Сколько времени прошло с тех пор, как умерла мама? Казалось, лет сто. И все вокруг шло само собой, без его ведома и ни капли в нем не нуждаясь.
Его глаза, мистически кроткие, на худом, нечетко очерченном лице смотрелись странно, и это сразу обращало на себя внимание.
Иногда он глубоко и надолго уходил в какое-то смутное состояние без названия и цели, которое, даже пройдя, оставляет по себе след, как вода на песке.
Он знал теперь, как горько ошибался, считая себя хуже своих сиенских друзей, и возможно, эта ошибка еще скажется в будущем, еще потребует искупления.
Но откуда взялась надежда, что он сможет стать художником? Чего стоила эта бессмысленная попытка по сравнению с его самолюбием? И мог ли он сбросить ее со счета, чтобы по-прежнему верить в себя?
Он утешался, мечтая о новой, невиданной жизни. Но когда?
Порой она пропадала из виду, и он не мог даже вспомнить, о чем ему мечталось.
Он был прямодушен до фанатизма, но вряд ли кто-нибудь мог бы об этом догадаться.

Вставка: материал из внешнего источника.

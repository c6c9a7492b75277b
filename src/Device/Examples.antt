-- ===== src/Device/Examples.antt =====
-- Updates of a device at concrete inputs.
use nff_core.Prelude.{
  false, Option, none, some, List, [], ◌∷◌, String, if◌then◌else◌, Text, text_eqb, codes, ◌≡◌, refl,
  inr, strip,
}
use nff_core.Ota.Phases.{parse_int}
use nff_core.Device.{
  Firmware, Nvs, Device, OtaCommand, Fetch, unreachable, fetched, Message, committed, rolled_back,
  handle, boot, version_le, version_key,
}
use nff_core.Device.Lifecycle.{
  IsAccepted, IsIdle, HasBuild, brought, update_commits, update_rolls_back, boot_reports_once,
}
use nff_core.Device.Upgrades.{Event, command, reboot, lives, IsUp, lives-IsUp}

abbrev stock : Firmware
stock = record { version = codes "1.2.0"; behaviour = "stock"; fault = none }

abbrev blank : Nvs
blank = record {
  ota_pending = false;
  ota_version = none;
  ota_prev_version = none;
  ota_prev_build_id = none;
  ota_build_id = none;
  ota_committed = false;
  ota_rollback_reason = none;
  fault = none;
}

abbrev device : Device
device = record {
  fw_version = codes "1.2.0";
  build_id = codes "b1";
  nvs = blank;
  firmware = stock;
  pending_fw_artifact = none;
}

abbrev ota : OtaCommand
ota = record {
  version = codes "1.3.0";
  url = codes "https://example.com/fw.bin";
  sha256 = codes "ab";
  build_id = some (codes "b2");
}

abbrev hash : String → Text
hash artifact = codes "ab"

abbrev load : String → Text → Firmware
load artifact version = record { version = version; behaviour = artifact; fault = none }

abbrev all_good : Text → Option String
all_good version = none

abbrev one_bad : Text → Option String
one_bad version = if text_eqb version (codes "1.3.0") then some "boot_loop" else none

accepted : IsAccepted hash ota (fetched "new") device
unfolding version_le version_key strip parse_int nff_core.Device.is_blank_text
    nff_core.Device.or_zero nff_core.Device.key_le
accepted = record { complete = refl; is_upgrade = refl; intact = inr ("new", refl, refl) }

update_commits_example :
    ((boot load all_good (handle hash ota (fetched "new") device).0).0.fw_version ≡ codes "1.3.0")
    × ((boot load all_good (handle hash ota (fetched "new") device).0).0.firmware
        ≡ brought load ota (fetched "new") device)
    × HasBuild
        (some (codes "b2"))
        (codes "b1")
        (boot load all_good (handle hash ota (fetched "new") device).0).0.build_id
    × IsIdle (boot load all_good (handle hash ota (fetched "new") device).0).0
    × ((boot load all_good (handle hash ota (fetched "new") device).0).1
        ≡ committed (codes "1.3.0") ∷ [])
update_commits_example =
    update_commits hash load all_good ota (fetched "new") device accepted refl refl

update_rolls_back_example :
    ((boot load one_bad (handle hash ota (fetched "new") device).0).0.fw_version ≡ codes "1.2.0")
    × ((boot load one_bad (handle hash ota (fetched "new") device).0).0.build_id ≡ codes "b1")
    × ((boot load one_bad (handle hash ota (fetched "new") device).0).0.firmware
        ≡ record stock { version = codes "1.2.0" })
    × IsIdle (boot load one_bad (handle hash ota (fetched "new") device).0).0
    × ((boot load one_bad (handle hash ota (fetched "new") device).0).1
        ≡ rolled_back (codes "1.3.0") (some "boot_loop") ∷ [])
update_rolls_back_example =
    update_rolls_back hash load one_bad ota (fetched "new") device accepted "boot_loop" refl

boot_reports_once_example :
    (boot load one_bad (boot load one_bad (handle hash ota unreachable device).0).0).1 ≡ []
boot_reports_once_example = boot_reports_once load one_bad (handle hash ota unreachable device).0

abbrev events : List Event
events =
    command ota unreachable
    ∷ reboot
    ∷ command (record ota { version = codes "1.0.0" }) (fetched "old")
    ∷ reboot
    ∷ []

lives-IsUp_example : IsUp (codes "1.2.0") (lives hash load all_good events device).fw_version
lives-IsUp_example = lives-IsUp hash load all_good events device refl
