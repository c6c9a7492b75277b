-- ===== src/Diagnosis.antt =====
-- nff-diagnosis (observability/nff-diagnosis/nff_diagnosis): the correlation of crashes over a fleet.
pub mod Cluster
pub mod Groups
pub mod Versions
pub mod Examples
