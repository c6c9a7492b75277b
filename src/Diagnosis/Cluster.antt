-- ===== src/Diagnosis/Cluster.antt =====
-- Crashes that happened together, nff_diagnosis/correlation/cluster.py, and the entries of the timeline that it
-- groups. Times and the window are in microseconds; a cluster's id is its number.
pub mod Runs
use nff_core.Prelude.{
  ℕ, suc, ◌+◌, ltb, leb, Bool, true, false, Option, none, some, List, [], ◌∷◌, ◌++◌, map, length,
  String, if◌then◌else◌,
}

pub record TimelineEntry : Type 0 where
  pub crash_id : String
  pub device_id : Option String
  pub firmware_version : Option String
  pub received_at : ℕ
  pub crash_class : Option String

pub record TemporalCluster : Type 0 where
  pub number : ℕ
  pub start : ℕ
  pub end : ℕ
  pub size : ℕ
  pub crash_ids : List String

insert_by_time : TimelineEntry → List TimelineEntry → List TimelineEntry
insert_by_time e [] = e ∷ []
insert_by_time e (f ∷ fs) =
    let rest = insert_by_time e fs in
    if leb e.received_at f.received_at then e ∷ f ∷ fs else f ∷ rest

-- `sorted(entries, key=lambda e: e.received_at)`, which keeps the order of entries of one time
unfoldable pub by_time : List TimelineEntry → List TimelineEntry
unfolding insert_by_time
by_time [] = []
by_time (e ∷ es) = insert_by_time e (by_time es)

unfoldable pub start_of : List TimelineEntry → ℕ
start_of [] = 0
start_of (e ∷ es) = e.received_at

unfoldable pub end_of : List TimelineEntry → ℕ
end_of [] = 0
end_of (e ∷ []) = e.received_at
end_of (e ∷ f ∷ es) = end_of (f ∷ es)

unfoldable pub cluster_of : ℕ → List TimelineEntry → TemporalCluster
unfolding start_of end_of
cluster_of number group = record {
  number = number;
  start = start_of group;
  end = end_of group;
  size = length group;
  crash_ids = map (λ (e : TimelineEntry). e.crash_id) group;
}

flush : List TimelineEntry → List TemporalCluster → List TemporalCluster
unfolding cluster_of
flush [] clusters = clusters
flush (e ∷ group) clusters = clusters ++ cluster_of (length clusters) (e ∷ group) ∷ []

-- The gap from the last crash of the current cluster is over the window.
starts_new : ℕ → List TimelineEntry → TimelineEntry → Bool
unfolding end_of
starts_new window [] e = false
starts_new window (c ∷ current) e = ltb (end_of (c ∷ current) + window) e.received_at

walk : ℕ → List TimelineEntry → List TimelineEntry → List TemporalCluster → List TemporalCluster
unfolding flush starts_new
walk window [] current clusters = flush current clusters
walk window (e ∷ es) current clusters =
    let new = starts_new window current e in
    walk window es (if new then e ∷ [] else current ++ e ∷ [])
      (if new then flush current clusters else clusters)

unfoldable pub cluster_by_time : ℕ → List TimelineEntry → List TemporalCluster
unfolding walk
cluster_by_time window entries = walk window (by_time entries) [] []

Он чувствовал, что его отношения с теми, с кем он дружил до отъезда во Флоренцию, полностью изменились. Ему хотелось просить у них прощения за то, что он не может больше быть им другом, но было стыдно за прежнюю откровенность и отсутствие самообладания. Новыми глазами смотрел он на свою податливость, которой все пользовались. Раньше в Сиене он набивался в друзья даже к отъявленным мошенникам и полным кретинам, считая их себе ровней. Он ощущал это своей обязанностью, так что даже винил себя, если шел гулять один и никого с собой не брал. Но после возвращения из Флоренции он добился того, что ни с кем из них не разговаривал и с желчной нервозностью мечтал больше никогда их не видеть!
Это был молодой человек, хотя и слабый, но с проблесками внутренней силы, пусть не всегда направленной в нужную сторону.
Много раз во сне он чувствовал, как должна была развиваться его душевная жизнь, и просыпался с чувством облегчения, будто некая высшая и непостижимая сущность подтвердила его правоту.
И с какой исступленной радостью ждал он дня встречи с той, что уже разбередила ему всю душу!
Он не знал, что именно он ей скажет, хотя в мечтах его слова сияли добротой. Порой он ловил себя на том, что придумывает бессмысленные слова, от которых замирали губы и вся душа! Опрометчивые слова, которых уже не взять назад — как ножи, всаженные со всей злости. Слова, которые изводят тебя вконец лихорадочным наслаждением — за ними идут безумные страхи, штормовые дни и дожди горячей и суше, чем заждавшаяся их иссохшая земля.
Порой ему хотелось быть убитым: может быть, даже Гизолой, которую он считал уже своей — восхитительным соблазном, вернувшимся из прошлого.
Топпа умер от старости. Февральским утром его нашли на гумне, под телегой. Был мороз, он примерз к кирпичам, и когда Карло ударил пса заступом, который взял, чтобы закопать его под оливой, живот загудел, как барабан, так что все засмеялись.
После кастрации характер у него испортился: когда он хотел, чтобы его оставили в покое, отходил сперва в сторону. Если не помогало — скалил зубы и огрызался. Был он беспородный, полметра в холке. Белая шерсть ближе к коже была желтоватой, на ухе — черное пятно, почему ему и дали такое имя — Топпа, заплатка.
Еще щенком, едва отнятым от матери, Доменико привязал его к скобе колодца. И батракам было приказано, если будет скулить, бить его ногами.
Позже он купил ему ошейник с латунными шипами, и его уже не снимали никогда — разве что на время стрижки.
Стоило Доменико проехать ворота Порта Камоллия, Топпа уже различал звон бубенцов его коня.
Выбегал на улицу и лаял. Когда же конь, подъехав поближе, показывался из-за поворота — начинал метаться туда-сюда по дороге. Люди шарахались, а не успевших увернуться детей Топпа сшибал с ног.